Saved data entries:
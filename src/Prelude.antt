-- ===== src/Prelude.antt =====
-- The names that the other modules share: the libraries', passed on, and those of the children:
-- Boolean tests, lists under native lengths, association lists, text, errors.
mod Tests
mod Lists
mod Maps
mod Errors
pub mod Exec
mod Words
mod Sort
mod Text
mod TextLaws
mod TextParts
pub use Tests.*
pub use Lists.*
unfoldable pub use Lists.{contains, texts_eq}
unfoldable pub use Maps.{lookup, insert, remove, contains_key, update, or_nil}
pub use Maps.{
  Assoc, keys, lookup-insert, lookup-remove, lookup-update, contains_key-eq-true, assoc_laws,
}
pub use Errors.*
pub use Words.*
unfoldable pub use Sort.{place, sort}
unfoldable pub use Text.{join, strip_star, strip_prefix, has_prefix, has_part, to_string, take_text}
pub use Text.{concat}
pub use TextParts.{is_clear, has_part-append, has_part_of_prefix, append_append}
pub use TextLaws.{strip_star_iff, strip_prefix_iff, has_prefix_iff}
pub use Prim.Native.Nat.{ℕ, zero, suc, ◌+◌, ◌-◌, ◌*◌, ◌/◌, ◌%◌, ◌^◌, ◌≤◌, ◌<◌, min, max}
pub use Prim.Native.String.{String}
pub use Prim.Native.String.{◌++◌ as ◌<>◌}
pub use mathlib.Core.Path.{◌≡◌, refl, sym, ap, ◌∙◌, subst}
pub use mathlib.Core.Logic.{◌≢◌, ◌↔◌, ◌⊎◌, inl, inr, ⊎_elim}
pub use mathlib.Core.Bool.{Bool, true, false, not, ◌&&◌, ◌||◌}
pub use mathlib.Core.Option.{Option, none, some}
pub use mathlib.Core.List.{List, [], ◌∷◌, ◌++◌, map}
pub use native.Mathlib.Omega.{arith}
pub use text.Mathlib.Text.{◌==◌}
pub use text.Mathlib.TextEquality.{eq_iff}
pub use text.Mathlib.TextPositions.{eq_refl}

PROBLEM DESCRIPTION: Give solely the number of lines in the data that contain the string "Core".

ANSWER AREA: 5